To slowly work my body back into a place where it can do a 5K and not collapse, I walk every day, even if it’s just around the block, because I’m middle-aged, and it just takes longer for my body to work itself back into good shape than it did when I was younger. But I haven’t taken a long walk, by myself, until today. Today, I put on my headphones, picked a book to listen to, and took Jason Isaacs and NK Jemisin out with me. I literally did not want to come home until I finished listening to him narrate her short story, “Emergency Skin”. My legs were all, “bro, we’re getting tired” and I was like “shut up and keep walking. I need to know how this ends.”

My artistic spirit feels nourished and inspired, and my body feels good.

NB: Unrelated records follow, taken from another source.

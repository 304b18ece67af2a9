-- ===== src/State/Replay.antt =====
-- Many calls of `AtemState::Set` on one object: the order in which the packets come is forgotten.
use mathlib.Core.Logic.{∥∥₁_elim}
use native.Mathlib.Nat.{ℕ_set}
use mathlib.Core.List.{Perm, Permᴰ}
use atem_esp_idf.Prelude.{ℕ, ◌≡◌, ◌≢◌, ◌<◌, refl, ap, sym, subst, ◌∙◌, List, [], ◌∷◌}
use atem_esp_idf.Sequence.{SequenceCheck}
use atem_esp_idf.State.{AtemState, put}
use atem_esp_idf.State.Order.{put_comm}

module _ {T : Type 0} where
  -- The changes of one object, each with the sequence as it is after its packet.
  unfoldable pub put_all : AtemState T → List (SequenceCheck × T) → AtemState T
  put_all a [] = a
  put_all a ((sequence, v) ∷ changes) = put_all (put a sequence v) changes

  -- No change is by the packet `id`.
  abbrev pub AreOthers : ℕ → List (SequenceCheck × T) → Type 0
  AreOthers id [] = Unit {0}
  AreOthers id (c ∷ changes) = (c.0.last_id ≢ id) × AreOthers id changes

  -- The changes are by different packets.
  abbrev pub AreDistinct : List (SequenceCheck × T) → Type 0
  AreDistinct [] = Unit {0}
  AreDistinct (c ∷ changes) =
      (c.0.last_id < 65536) × AreOthers c.0.last_id changes × AreDistinct changes

  perm-AreOthers :
      (id : ℕ) {xs ys : List (SequenceCheck × T)} → Permᴰ xs ys → AreOthers id xs → AreOthers id ys
  perm-AreOthers id Permᴰ.nil h = tt
  perm-AreOthers id (Permᴰ.cons e p) h =
      (subst (λ c. c.0.last_id ≢ id) e h.0, perm-AreOthers id p h.1)
  perm-AreOthers id (Permᴰ.swap e f) h =
      (subst (λ c. c.0.last_id ≢ id) f h.1.0, (subst (λ c. c.0.last_id ≢ id) e h.0, h.1.1))
  perm-AreOthers id (Permᴰ.trans p q) h = perm-AreOthers id q (perm-AreOthers id p h)

  perm-AreDistinct :
      {xs ys : List (SequenceCheck × T)} → Permᴰ xs ys → AreDistinct xs → AreDistinct ys
  perm-AreDistinct Permᴰ.nil h = tt
  perm-AreDistinct (Permᴰ.cons {a} {b} {l₁} {l₂} e p) h =
      subst (λ c. AreDistinct (c ∷ l₂)) e
        (h.0, perm-AreOthers a.0.last_id p h.1, perm-AreDistinct p h.2)
  perm-AreDistinct (Permᴰ.swap {a} {b} {a'} {b'} {l} e f) h =
      subst (λ c. AreDistinct (a' ∷ c ∷ l)) e
        (subst (λ c. AreDistinct (c ∷ a ∷ l)) f
          (h.2.0, ((λ q. h.1.0 (sym q)), h.2.1), (h.0, h.1.1, h.2.2)))
  perm-AreDistinct (Permᴰ.trans p q) h = perm-AreDistinct q (perm-AreDistinct p h)

  put_all-permᴰ :
      {xs ys : List (SequenceCheck × T)} (s : AtemState T)
      → Permᴰ xs ys
      → AreDistinct xs
      → put_all s xs ≡ put_all s ys
  unfolding put_all
  put_all-permᴰ s Permᴰ.nil h = refl
  put_all-permᴰ s (Permᴰ.cons {a} {b} {l₁} {l₂} e p) h =
      put_all-permᴰ (put s a.0 a.1) p h.2 ∙ ap (λ c. put_all s (c ∷ l₂)) e
  put_all-permᴰ s (Permᴰ.swap {a} {b} {a'} {b'} {l} e f) h =
      ap (λ t. put_all t l) (put_comm s a.0 b.0 a.1 b.1 h.0 h.2.0 (λ q. h.1.0 (sym q)))
      ∙ ap (λ x. put_all s (x ∷ a ∷ l)) f
      ∙ ap (λ x. put_all s (a' ∷ x ∷ l)) e
  put_all-permᴰ s (Permᴰ.trans p q) h =
      put_all-permᴰ s p h ∙ put_all-permᴰ s q (perm-AreDistinct p h)

  AtemState-set : IsSet T → IsSet (AtemState T)
  AtemState-set t = hlevel (t, ℕ_set)

  -- Changes by different packets, of 16-bit ids, end in the same object, whatever the order in which
  -- they come. The values are of a type that is a set.
  pub put_all-perm :
      (s : AtemState T) (xs ys : List (SequenceCheck × T))
      → IsSet T
      → Perm xs ys
      → AreDistinct xs
      → put_all s xs ≡ put_all s ys
  put_all-perm s xs ys t p h = ∥∥₁_elim p (AtemState-set t _ _) (λ q. put_all-permᴰ s q h)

I could easily have spent that hour doing nothing but goofing off, but I made a deliberate choice to do the personal work I need to do on my body and my mind, so I can live my best life.

I still have a TREMENDOUS amount of pain to heal, and while today is a pretty good day, I know there are rough days ahead (and also other good days), so I’m choosing to be present and grateful for that.

Over the last year, I’ve worked really hard to heal myself and unpack a lot of pain and trauma. I’ve made a lot of good progress, but it’s come at a cost. I’ve forgotten how to read. I’ve forgotten how to have fun. I’ve forgotten how to be joyful. But it’s slowly and surely coming back to me.

And I now have at least five hours of what looks like great reading/listening ahead of me, that I hope will inspire me to write my own stories.

PS: speaking of audiobooks, I had the privilege of narrating Andy Weir’s The Martian for Audible, and it debuted at number one when it was released last week!